Dessa maneira, exames como o teste de IgG 221 alimentos devem ser proscritos. As reações adversas não imunológicas aos alimentos podem ser classificadas entre independentes do hospedeiro e dependentes do hospedeiro devido aos seus mecanismos fisiopatológicos.

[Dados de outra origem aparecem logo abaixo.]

-- ===== src/Adapter/Subscriptions/Preserved.antt =====
-- `subscribe` and `unsubscribe` keep the two dictionaries in agreement.
use xiaoy_md.Prelude.{
  ℕ, ◌+◌, ◌<◌, ◌≡◌, ◌≢◌, refl, ap, ◌∙◌, true, none, some, arith, Option-cases, inl, inr,
}
use xiaoy_md.Text.{Str, strip}
use xiaoy_md.Dict.{lookup, erase}
use xiaoy_md.Dict.Laws.{lookup-erase_self, lookup-erase_ne, erase-Distinct}
use xiaoy_md.Domain.{
  MarketDataSubscription, Validated, valid, empty_symbol, invalid_symbol, validate_symbol,
}
use xiaoy_md.Domain.Symbols.{validate_symbol-IsSymbol}
use xiaoy_md.Adapter.Subscriptions.{
  State, key_error, join_key, split_symbol, sub_id, record_new, existing, subscribe, unsubscribe,
  key_of,
}
use xiaoy_md.Adapter.Subscriptions.Consistency.{IsConsistent, Str-cases, insert-IsConsistent}

record_new-IsConsistent :
    (base exchange : Str) (s : State)
    → strip base ≡ base
    → lookup (join_key base exchange) s.sub_id_by_symbol ≡ none
    → IsConsistent s
    → IsConsistent (record_new base exchange s).1 × ((record_new base exchange s).0 ≢ key_error)
unfolding record_new
record_new-IsConsistent base exchange s trimmed free c = go (validate_symbol base) refl
  where
    skip : IsConsistent (record s { sub_seq = s.sub_seq + 1 })
    skip = record {
      distinct_ids = c.distinct_ids;
      distinct_keys = c.distinct_keys;
      mapped = c.mapped;
      named = c.named;
      fresh = λ n lt. c.fresh n (omega arith);
    }

    go :
        (r : Validated)
        → validate_symbol base ≡ r
        → IsConsistent (record_new base exchange s).1 × ((record_new base exchange s).0 ≢ key_error)
    go (valid symbol) e =
        let same : symbol ≡ base = ((validate_symbol-IsSymbol base symbol).0 e).0 ∙ trimmed in
        rw (e, record_new)
          (
            insert-IsConsistent s _
                (record {
                  subscription_id = sub_id (s.sub_seq + 1);
                  symbol = symbol;
                  exchange = exchange;
                  active = true;
                })
                c refl (rw same free) refl (rw same) refl,
            ground arith,
          )
    go empty_symbol e = rw (e, record_new) (skip, ground arith)
    go (invalid_symbol v) e = rw (e, record_new) (skip, ground arith)

-- Subscribing to a symbol whose base has no space at its end keeps the dictionaries in agreement,
-- and raises no KeyError.
pub subscribe-IsConsistent :
    (symbol : Str) (s : State)
    → strip (split_symbol (strip symbol)).0 ≡ (split_symbol (strip symbol)).0
    → IsConsistent s
    → IsConsistent (subscribe symbol s).1 × ((subscribe symbol s).0 ≢ key_error)
unfolding subscribe
subscribe-IsConsistent symbol s trimmed c =
    let base = (split_symbol (strip symbol)).0 in
    let exchange = (split_symbol (strip symbol)).1 in
    elim (Option-cases (lookup (join_key base exchange) s.sub_id_by_symbol)) [
      | inr (found, e) ↦
          let (sub, at_id, k) = c.mapped (join_key base exchange) found e in
          rw (e, subscribe) (c, unfold existing in ground (arith, at_id))
      | inl e ↦ rw (e, subscribe) (record_new-IsConsistent base exchange s trimmed e c)
    ]

-- Removing a subscription with its key keeps the agreement.
module _ (id : Str) (sub : MarketDataSubscription) (s : State) (c : IsConsistent s)
    (e : lookup id s.subs_by_id ≡ some sub) where
  erase-mapped :
      (key id' : Str)
      → lookup key (erase (key_of sub) s.sub_id_by_symbol) ≡ some id'
      → (found : MarketDataSubscription) × (lookup id' (erase id s.subs_by_id) ≡ some found)
        × (key_of found ≡ key)
  erase-mapped key id' h = elim (Str-cases (key_of sub) key) [
    | inl same ↦ absurd (
        let gone = lookup-erase_self (key_of sub) s.sub_id_by_symbol c.distinct_keys in
        ground arith)
    | inr ne ↦
        let old = rw (lookup-erase_ne (key_of sub) key s.sub_id_by_symbol ne) at h in
        let (found, at_id, k) = c.mapped key id' old in
        let other : id ≢ id' = λ p. ne (let q : sub ≡ found = ground arith in ap key_of q ∙ k) in
        (found, rw (lookup-erase_ne id id' s.subs_by_id other) at_id, k)
  ]

  erase-named :
      (id' : Str) (found : MarketDataSubscription)
      → lookup id' (erase id s.subs_by_id) ≡ some found
      → (lookup (key_of found) (erase (key_of sub) s.sub_id_by_symbol) ≡ some id')
        × (found.subscription_id ≡ id')
  erase-named id' found h = elim (Str-cases id id') [
    | inl same ↦
        absurd (let gone = lookup-erase_self id s.subs_by_id c.distinct_ids in ground arith)
    | inr ne ↦
        let old = rw (lookup-erase_ne id id' s.subs_by_id ne) at h in
        let (back, name) = c.named id' found old in
        let other : key_of sub ≢ key_of found =
          λ p. ne (let mine = (c.named id sub e).0 in ground arith) in
        (rw (lookup-erase_ne (key_of sub) (key_of found) s.sub_id_by_symbol other) back, name)
  ]

  erase-fresh : (n : ℕ) → s.sub_seq < n → lookup (sub_id n) (erase id s.subs_by_id) ≡ none
  erase-fresh n lt = elim (Str-cases id (sub_id n)) [
    | inl same ↦ rw (← same) (lookup-erase_self id s.subs_by_id c.distinct_ids)
    | inr ne ↦ rw (lookup-erase_ne id (sub_id n) s.subs_by_id ne) (c.fresh n lt)
  ]

  erase-IsConsistent : IsConsistent (record s {
    subs_by_id = erase id s.subs_by_id;
    sub_id_by_symbol = erase (key_of sub) s.sub_id_by_symbol;
  })
  erase-IsConsistent = record {
    distinct_ids = erase-Distinct id s.subs_by_id c.distinct_ids;
    distinct_keys = erase-Distinct (key_of sub) s.sub_id_by_symbol c.distinct_keys;
    mapped = erase-mapped;
    named = erase-named;
    fresh = erase-fresh;
  }

-- Unsubscribing keeps the dictionaries in agreement, whatever the id.
pub unsubscribe-IsConsistent :
    (id : Str) (s : State) → IsConsistent s → IsConsistent (unsubscribe id s)
unfolding unsubscribe
unsubscribe-IsConsistent id s c = elim (Option-cases (lookup id s.subs_by_id)) [
  | inl e ↦ rw (e, unsubscribe) c
  | inr (sub, e) ↦ rw (e, unsubscribe) (erase-IsConsistent id sub s c e)
]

Salicilatos (C6H4(OH)COO-R) são compostos orgânicos bioativos e ácidos fracos que atravessam as membranas celulares com facilidade. O derivado mais popular do ácido salicílico é o ácido acetilsalicílico, frequentemente utilizado como analgésico, antipirético, anti-inflamatório e até como anticoagulante. Os salicilatos também podem ser encontrados em alimentos, porém em menor quantidade. A ingestão alimentar de salicilatos é geralmente de 10–200 mg por dia, por outro lado uma única dose de aspirina pode conter 325–650 mg de salicilatos. Os salicilatos, incluindo o ácido acetilsalicílico, ocorrem naturalmente nos alimentos.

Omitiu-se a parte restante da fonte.